▶ [EXERCISE DIRECTIONS]
Where does the string "PolicyBody" occur in the entries below? Copy every line where it does.

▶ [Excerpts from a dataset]
· · · ·
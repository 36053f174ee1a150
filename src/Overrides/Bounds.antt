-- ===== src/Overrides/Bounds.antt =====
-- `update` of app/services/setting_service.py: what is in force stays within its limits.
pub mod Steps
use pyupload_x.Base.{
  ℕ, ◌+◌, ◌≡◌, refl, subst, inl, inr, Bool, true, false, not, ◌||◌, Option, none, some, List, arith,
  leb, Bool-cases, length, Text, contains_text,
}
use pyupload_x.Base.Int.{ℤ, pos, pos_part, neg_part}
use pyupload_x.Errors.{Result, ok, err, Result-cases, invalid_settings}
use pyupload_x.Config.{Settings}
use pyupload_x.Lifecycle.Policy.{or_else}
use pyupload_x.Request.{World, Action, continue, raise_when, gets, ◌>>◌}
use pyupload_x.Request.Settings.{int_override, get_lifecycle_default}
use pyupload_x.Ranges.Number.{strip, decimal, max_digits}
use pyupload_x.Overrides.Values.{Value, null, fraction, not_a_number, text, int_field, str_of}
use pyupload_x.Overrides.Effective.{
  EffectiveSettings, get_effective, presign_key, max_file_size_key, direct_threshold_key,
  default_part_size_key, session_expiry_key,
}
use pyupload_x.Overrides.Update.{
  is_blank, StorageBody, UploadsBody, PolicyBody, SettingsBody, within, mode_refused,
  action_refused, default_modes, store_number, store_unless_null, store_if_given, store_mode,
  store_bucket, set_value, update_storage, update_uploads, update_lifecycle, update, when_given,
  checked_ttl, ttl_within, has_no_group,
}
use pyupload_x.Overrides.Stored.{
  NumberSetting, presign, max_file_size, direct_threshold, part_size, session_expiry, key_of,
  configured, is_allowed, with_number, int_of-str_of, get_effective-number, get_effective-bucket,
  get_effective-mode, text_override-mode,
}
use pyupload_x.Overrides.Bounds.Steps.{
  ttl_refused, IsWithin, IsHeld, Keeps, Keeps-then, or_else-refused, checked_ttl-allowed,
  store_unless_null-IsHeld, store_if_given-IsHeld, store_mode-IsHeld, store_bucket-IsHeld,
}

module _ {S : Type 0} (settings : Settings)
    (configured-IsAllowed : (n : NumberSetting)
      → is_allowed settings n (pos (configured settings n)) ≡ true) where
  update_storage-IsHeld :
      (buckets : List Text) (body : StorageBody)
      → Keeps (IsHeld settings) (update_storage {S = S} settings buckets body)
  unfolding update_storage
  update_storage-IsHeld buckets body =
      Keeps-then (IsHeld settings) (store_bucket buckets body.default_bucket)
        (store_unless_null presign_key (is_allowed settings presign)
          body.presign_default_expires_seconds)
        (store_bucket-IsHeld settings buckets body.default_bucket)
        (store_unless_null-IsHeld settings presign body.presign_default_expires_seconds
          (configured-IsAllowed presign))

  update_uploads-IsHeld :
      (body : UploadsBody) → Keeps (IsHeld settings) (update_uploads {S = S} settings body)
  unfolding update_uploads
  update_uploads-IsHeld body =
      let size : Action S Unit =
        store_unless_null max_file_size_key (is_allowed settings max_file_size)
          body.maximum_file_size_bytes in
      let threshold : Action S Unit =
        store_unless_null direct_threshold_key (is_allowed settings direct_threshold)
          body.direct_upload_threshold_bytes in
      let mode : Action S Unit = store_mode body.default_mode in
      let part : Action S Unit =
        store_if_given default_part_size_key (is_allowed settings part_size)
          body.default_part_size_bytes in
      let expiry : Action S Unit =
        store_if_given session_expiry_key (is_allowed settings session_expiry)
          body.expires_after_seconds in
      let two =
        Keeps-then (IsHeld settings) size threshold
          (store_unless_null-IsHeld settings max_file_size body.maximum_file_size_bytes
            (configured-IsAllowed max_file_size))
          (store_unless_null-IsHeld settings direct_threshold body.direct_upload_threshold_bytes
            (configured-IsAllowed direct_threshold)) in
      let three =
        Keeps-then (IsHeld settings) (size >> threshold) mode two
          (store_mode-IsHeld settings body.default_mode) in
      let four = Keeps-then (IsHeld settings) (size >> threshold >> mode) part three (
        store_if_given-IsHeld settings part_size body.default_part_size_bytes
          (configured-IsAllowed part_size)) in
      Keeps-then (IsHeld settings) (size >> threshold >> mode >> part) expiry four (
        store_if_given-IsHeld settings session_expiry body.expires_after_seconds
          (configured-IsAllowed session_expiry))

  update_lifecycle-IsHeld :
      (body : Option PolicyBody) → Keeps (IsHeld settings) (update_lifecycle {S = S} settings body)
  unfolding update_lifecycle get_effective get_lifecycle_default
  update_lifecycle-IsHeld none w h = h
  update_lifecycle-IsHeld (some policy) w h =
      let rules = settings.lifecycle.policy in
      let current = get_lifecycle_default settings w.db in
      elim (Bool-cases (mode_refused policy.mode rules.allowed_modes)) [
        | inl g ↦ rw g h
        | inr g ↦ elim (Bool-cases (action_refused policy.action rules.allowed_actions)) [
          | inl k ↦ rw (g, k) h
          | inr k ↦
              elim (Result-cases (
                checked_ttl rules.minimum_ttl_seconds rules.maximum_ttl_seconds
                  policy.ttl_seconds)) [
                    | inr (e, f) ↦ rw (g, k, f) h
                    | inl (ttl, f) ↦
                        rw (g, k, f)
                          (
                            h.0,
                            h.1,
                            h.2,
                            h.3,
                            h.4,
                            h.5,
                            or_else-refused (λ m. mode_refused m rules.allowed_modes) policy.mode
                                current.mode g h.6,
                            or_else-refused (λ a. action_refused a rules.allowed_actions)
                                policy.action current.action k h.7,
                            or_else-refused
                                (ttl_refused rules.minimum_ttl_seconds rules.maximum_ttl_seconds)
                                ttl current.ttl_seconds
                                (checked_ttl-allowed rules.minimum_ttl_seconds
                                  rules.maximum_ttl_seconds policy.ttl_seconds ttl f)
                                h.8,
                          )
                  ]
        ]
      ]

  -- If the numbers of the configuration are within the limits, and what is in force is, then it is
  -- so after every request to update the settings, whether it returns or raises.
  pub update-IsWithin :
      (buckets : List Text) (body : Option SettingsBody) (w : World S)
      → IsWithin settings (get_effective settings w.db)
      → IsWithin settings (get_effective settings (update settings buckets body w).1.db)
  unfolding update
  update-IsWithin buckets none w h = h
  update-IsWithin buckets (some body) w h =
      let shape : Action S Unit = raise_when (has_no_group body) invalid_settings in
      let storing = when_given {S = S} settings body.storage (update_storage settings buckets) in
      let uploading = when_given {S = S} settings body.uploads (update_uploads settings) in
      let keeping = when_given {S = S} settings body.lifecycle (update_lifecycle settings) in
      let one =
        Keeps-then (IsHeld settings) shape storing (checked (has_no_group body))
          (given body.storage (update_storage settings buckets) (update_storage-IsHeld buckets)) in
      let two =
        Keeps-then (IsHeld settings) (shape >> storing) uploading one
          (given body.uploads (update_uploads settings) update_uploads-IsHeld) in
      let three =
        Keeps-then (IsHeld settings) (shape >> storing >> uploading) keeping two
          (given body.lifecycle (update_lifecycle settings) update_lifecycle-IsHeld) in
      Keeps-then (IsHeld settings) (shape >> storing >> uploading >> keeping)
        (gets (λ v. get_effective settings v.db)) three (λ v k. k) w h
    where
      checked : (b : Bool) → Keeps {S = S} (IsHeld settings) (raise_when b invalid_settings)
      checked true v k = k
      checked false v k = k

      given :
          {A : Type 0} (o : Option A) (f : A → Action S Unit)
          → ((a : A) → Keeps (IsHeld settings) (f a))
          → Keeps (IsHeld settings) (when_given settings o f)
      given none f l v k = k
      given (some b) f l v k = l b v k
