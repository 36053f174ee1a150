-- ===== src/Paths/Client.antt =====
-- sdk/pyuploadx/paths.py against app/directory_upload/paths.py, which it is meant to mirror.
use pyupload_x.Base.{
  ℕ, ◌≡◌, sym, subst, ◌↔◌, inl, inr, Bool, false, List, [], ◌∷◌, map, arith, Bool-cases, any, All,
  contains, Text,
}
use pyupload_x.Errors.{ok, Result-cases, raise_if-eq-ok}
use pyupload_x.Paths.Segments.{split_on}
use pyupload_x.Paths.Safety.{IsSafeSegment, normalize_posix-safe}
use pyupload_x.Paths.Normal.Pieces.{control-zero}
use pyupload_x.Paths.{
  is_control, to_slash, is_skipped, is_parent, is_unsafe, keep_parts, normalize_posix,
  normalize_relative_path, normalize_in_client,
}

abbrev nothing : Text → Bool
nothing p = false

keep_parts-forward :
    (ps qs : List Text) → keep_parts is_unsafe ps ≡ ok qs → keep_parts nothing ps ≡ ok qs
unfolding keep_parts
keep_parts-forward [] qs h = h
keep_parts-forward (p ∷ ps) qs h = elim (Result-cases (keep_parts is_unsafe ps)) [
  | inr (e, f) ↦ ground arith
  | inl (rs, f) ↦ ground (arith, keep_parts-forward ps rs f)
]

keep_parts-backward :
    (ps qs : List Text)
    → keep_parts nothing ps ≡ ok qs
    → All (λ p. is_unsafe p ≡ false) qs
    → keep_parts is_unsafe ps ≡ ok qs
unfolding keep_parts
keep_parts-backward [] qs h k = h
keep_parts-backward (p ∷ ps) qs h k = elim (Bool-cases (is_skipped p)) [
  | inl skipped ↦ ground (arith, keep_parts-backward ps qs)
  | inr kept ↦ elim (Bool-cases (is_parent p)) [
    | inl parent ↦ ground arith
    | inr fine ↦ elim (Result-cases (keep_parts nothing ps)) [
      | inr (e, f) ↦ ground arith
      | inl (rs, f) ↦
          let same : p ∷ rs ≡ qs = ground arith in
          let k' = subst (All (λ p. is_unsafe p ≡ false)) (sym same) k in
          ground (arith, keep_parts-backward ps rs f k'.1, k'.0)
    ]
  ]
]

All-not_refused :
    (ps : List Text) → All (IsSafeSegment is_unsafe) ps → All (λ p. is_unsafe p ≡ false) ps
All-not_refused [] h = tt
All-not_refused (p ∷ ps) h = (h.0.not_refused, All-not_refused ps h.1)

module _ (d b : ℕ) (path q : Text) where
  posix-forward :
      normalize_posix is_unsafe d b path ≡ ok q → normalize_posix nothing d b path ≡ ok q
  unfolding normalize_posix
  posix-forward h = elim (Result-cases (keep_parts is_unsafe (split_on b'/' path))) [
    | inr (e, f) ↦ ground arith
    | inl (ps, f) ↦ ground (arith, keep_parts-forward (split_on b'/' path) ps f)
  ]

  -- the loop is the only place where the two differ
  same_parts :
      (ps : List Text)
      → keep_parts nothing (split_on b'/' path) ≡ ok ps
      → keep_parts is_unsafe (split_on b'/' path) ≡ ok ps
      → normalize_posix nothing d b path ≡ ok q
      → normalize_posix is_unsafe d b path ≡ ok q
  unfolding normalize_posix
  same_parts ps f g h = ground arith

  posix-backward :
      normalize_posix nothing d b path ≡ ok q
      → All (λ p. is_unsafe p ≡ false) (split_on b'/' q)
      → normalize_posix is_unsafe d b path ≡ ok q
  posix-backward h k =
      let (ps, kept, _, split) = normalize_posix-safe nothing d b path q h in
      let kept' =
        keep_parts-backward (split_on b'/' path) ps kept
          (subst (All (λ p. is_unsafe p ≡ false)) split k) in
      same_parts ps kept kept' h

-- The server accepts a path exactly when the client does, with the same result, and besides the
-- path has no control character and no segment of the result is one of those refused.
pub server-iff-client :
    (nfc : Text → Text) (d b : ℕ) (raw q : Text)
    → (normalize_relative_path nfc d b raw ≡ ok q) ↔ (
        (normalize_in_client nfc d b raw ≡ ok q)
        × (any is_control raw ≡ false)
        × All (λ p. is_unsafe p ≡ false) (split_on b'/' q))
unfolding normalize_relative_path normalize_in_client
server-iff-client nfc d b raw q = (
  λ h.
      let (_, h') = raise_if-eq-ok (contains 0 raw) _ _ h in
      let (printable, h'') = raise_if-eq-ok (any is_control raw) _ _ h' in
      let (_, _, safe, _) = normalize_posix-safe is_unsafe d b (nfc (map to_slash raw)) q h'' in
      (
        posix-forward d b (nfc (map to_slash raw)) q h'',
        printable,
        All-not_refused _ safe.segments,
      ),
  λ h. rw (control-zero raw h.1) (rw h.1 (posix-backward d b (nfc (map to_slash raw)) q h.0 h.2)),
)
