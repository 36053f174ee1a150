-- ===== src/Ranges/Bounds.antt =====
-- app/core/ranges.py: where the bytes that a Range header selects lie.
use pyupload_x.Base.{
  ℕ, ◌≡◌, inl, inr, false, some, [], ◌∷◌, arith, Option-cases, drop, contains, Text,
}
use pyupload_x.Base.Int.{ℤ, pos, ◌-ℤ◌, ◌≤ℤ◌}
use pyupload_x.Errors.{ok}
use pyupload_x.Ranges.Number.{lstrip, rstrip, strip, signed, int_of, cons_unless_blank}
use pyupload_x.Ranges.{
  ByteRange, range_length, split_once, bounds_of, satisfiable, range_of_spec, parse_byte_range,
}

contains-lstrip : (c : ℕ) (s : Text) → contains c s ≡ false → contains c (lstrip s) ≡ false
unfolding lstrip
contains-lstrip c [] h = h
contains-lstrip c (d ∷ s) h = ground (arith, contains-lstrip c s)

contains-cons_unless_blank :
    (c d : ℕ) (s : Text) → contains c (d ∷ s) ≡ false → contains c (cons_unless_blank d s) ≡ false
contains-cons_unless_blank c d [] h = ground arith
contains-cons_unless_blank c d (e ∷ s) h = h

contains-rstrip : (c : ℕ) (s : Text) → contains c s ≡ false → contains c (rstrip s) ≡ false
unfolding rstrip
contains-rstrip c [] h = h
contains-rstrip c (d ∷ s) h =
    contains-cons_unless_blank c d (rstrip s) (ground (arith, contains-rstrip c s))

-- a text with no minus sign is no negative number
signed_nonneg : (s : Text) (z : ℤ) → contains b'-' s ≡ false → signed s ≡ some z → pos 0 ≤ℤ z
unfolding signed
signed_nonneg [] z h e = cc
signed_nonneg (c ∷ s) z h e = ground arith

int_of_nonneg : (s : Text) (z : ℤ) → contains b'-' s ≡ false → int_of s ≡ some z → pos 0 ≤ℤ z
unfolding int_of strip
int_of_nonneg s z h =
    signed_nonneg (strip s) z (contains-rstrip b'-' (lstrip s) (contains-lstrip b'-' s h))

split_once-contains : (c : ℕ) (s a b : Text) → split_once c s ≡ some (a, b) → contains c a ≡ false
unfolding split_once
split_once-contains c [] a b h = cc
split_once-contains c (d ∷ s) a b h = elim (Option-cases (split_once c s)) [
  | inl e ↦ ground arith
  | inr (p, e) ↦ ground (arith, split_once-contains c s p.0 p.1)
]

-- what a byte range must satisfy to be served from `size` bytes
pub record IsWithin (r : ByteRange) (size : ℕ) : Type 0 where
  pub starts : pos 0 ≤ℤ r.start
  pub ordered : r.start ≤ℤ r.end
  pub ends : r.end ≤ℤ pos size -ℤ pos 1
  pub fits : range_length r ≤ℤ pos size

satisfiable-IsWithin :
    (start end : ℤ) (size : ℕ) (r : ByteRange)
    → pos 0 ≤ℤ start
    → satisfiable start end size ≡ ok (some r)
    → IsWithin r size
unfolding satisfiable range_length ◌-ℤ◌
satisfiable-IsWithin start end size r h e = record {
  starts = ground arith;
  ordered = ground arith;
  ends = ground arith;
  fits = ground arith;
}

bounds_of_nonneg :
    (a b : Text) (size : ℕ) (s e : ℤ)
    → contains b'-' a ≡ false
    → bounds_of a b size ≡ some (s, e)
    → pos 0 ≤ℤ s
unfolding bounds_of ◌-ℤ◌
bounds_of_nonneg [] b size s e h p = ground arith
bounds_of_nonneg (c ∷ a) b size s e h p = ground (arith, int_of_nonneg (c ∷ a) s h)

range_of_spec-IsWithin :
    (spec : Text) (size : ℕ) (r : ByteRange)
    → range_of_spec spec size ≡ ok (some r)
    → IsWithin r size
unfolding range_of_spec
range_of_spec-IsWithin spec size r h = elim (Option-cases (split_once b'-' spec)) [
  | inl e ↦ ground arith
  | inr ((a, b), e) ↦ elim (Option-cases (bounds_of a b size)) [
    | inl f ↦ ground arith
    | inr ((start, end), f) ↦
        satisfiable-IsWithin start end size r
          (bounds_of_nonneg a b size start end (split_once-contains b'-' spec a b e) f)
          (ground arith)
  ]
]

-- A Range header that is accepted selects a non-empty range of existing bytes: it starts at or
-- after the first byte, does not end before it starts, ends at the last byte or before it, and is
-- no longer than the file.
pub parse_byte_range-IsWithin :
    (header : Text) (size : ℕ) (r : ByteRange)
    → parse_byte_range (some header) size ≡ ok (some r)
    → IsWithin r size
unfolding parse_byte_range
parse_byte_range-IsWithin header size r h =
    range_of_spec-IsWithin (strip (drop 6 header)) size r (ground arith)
· · · ·
▶ [ANSWER SPACE]
  is_blank, StorageBody, UploadsBody, PolicyBody, SettingsBody, within, mode_refused,
      (body : Option PolicyBody) → Keeps (IsHeld settings) (update_lifecycle {S = S} settings body)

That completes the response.